Take the records below and retype them line by line, from the first line through the one containing "-- peer lets"; stop there.

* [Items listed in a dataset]
....
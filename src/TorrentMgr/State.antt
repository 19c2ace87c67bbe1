-- ===== src/TorrentMgr/State.antt =====
-- src/torrent_mgr.c and include/torrent_mgr.h: a managed torrent and a peer's connection, and how a
-- peer lets go of its piece and of its socket. Times are in seconds, a uint64_t each; what only the
-- status text shows (progress as a float, the error's text, the source) is left out.
use ps5torrent.Base.{
  ℕ, ◌-◌, Bool, true, false, not, ◌&&◌, Option, none, some, List, Bytes, ltb, if◌then◌else◌,
}
use ps5torrent.Base.Signed.{sub64}
use ps5torrent.Torrent.Types.{Torrent}
use ps5torrent.PieceMgr.Defs.{PieceMgr, free, set_state, pieces_of}
use ps5torrent.PieceMgr.Invariant.{complete_at}
use ps5torrent.FileIo.Writer.{FileWriter}
use ps5torrent.TorrentMgr.Candidates.{PeerAddr, Candidate, record_peer_failure}

pub data TorrentState : Type 0 where
  stopped downloading seeding error done : TorrentState

pub data TorrentError : Type 0 where
  no_error parse_failed tracker_failed no_peers write_failed hash_mismatch : TorrentError

abbrev pub is_downloading : TorrentState → Bool
is_downloading downloading = true
is_downloading _ = false

-- torrent_peer_t: `sock` tells whether the socket is open (it is -1 where it is not), and
-- `piece_data` and `bitfield` are `none` for a null pointer.
pub record TorrentPeer : Type 0 where
  pub sock : Bool
  pub addr : PeerAddr
  pub choked : Bool
  pub last_request : ℕ
  pub downloaded : ℕ
  pub bitfield : Option Bytes
  pub piece_data : Option Bytes
  pub piece_size : ℕ
  pub piece_received : ℕ
  pub pending_length : ℕ
  pub request_time : ℕ
  pub last_activity : ℕ

-- managed_torrent_t.
pub record ManagedTorrent : Type 0 where
  pub generation : ℕ
  pub state : TorrentState
  pub error_type : TorrentError
  pub torrent : Torrent
  pub piece_mgr : PieceMgr
  pub file_writer : FileWriter
  pub peers : List TorrentPeer
  pub active_peers : ℕ
  pub candidates : List Candidate
  pub next_candidate : ℕ
  pub downloaded : ℕ
  pub tracker_interval : ℕ
  pub tracker_failures : ℕ
  pub last_announce_time : ℕ
  pub last_progress_time : ℕ

-- What the manager works on for one peer: the torrent, the peer, and `assembly_bytes`, the bytes
-- that all peers of all torrents hold in pieces that are not complete.
pub record Work : Type 0 where
  pub mt : ManagedTorrent
  pub peer : TorrentPeer
  pub assembly_bytes : ℕ

-- A piece that is not complete becomes free again.
unfoldable pub unless_complete : ℕ → PieceMgr → PieceMgr
unfolding complete_at
unless_complete index pm =
    if ltb index pm.num_pieces && not (complete_at (pieces_of pm) index)
    then set_state free index pm
    else pm

abbrev pub without_piece : TorrentPeer → TorrentPeer
without_piece p = record p {
  piece_data = none;
  piece_size = 0;
  piece_received = 0;
  pending_length = 0;
}

unfoldable pub release_piece : Work → Work
unfolding unless_complete
release_piece w = elim w.peer.piece_data [
  | none ↦ record w { peer = without_piece w.peer }
  | some bytes ↦ record {
    mt = record w.mt { piece_mgr = unless_complete w.peer.last_request w.mt.piece_mgr };
    peer = without_piece w.peer;
    assembly_bytes = sub64 w.assembly_bytes w.peer.piece_size;
  }
]

-- The first half of disconnect_peer: a socket that is open is closed, and a download that goes on
-- counts it as a failure.
unfoldable pub close_socket : ℕ → Work → Work
unfolding record_peer_failure
close_socket now w =
    if w.peer.sock
    then record w {
      mt = record w.mt {
        candidates =
            if is_downloading w.mt.state
            then record_peer_failure now w.mt.candidates w.peer.addr
            else w.mt.candidates;
        active_peers = w.mt.active_peers - 1;
      };
      peer = record w.peer { sock = false };
    }
    else w

unfoldable pub disconnect_peer : ℕ → Work → Work
unfolding close_socket release_piece
disconnect_peer now w =
    let w' = release_piece (close_socket now w) in
    record w' { peer = record w'.peer { bitfield = none } }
....
* [ANSWER TO THIS EXERCISE]
filename src/TorrentMgr/State.antt
repository 19c2ace87c67bbe1
-- ===== src/TorrentMgr/State.antt =====
-- src/torrent_mgr.c and include/torrent_mgr.h: a managed torrent and a peer's connection, and how a
-- peer lets go of its piece and of its socket. Times are in seconds, a uint64_t each; what only the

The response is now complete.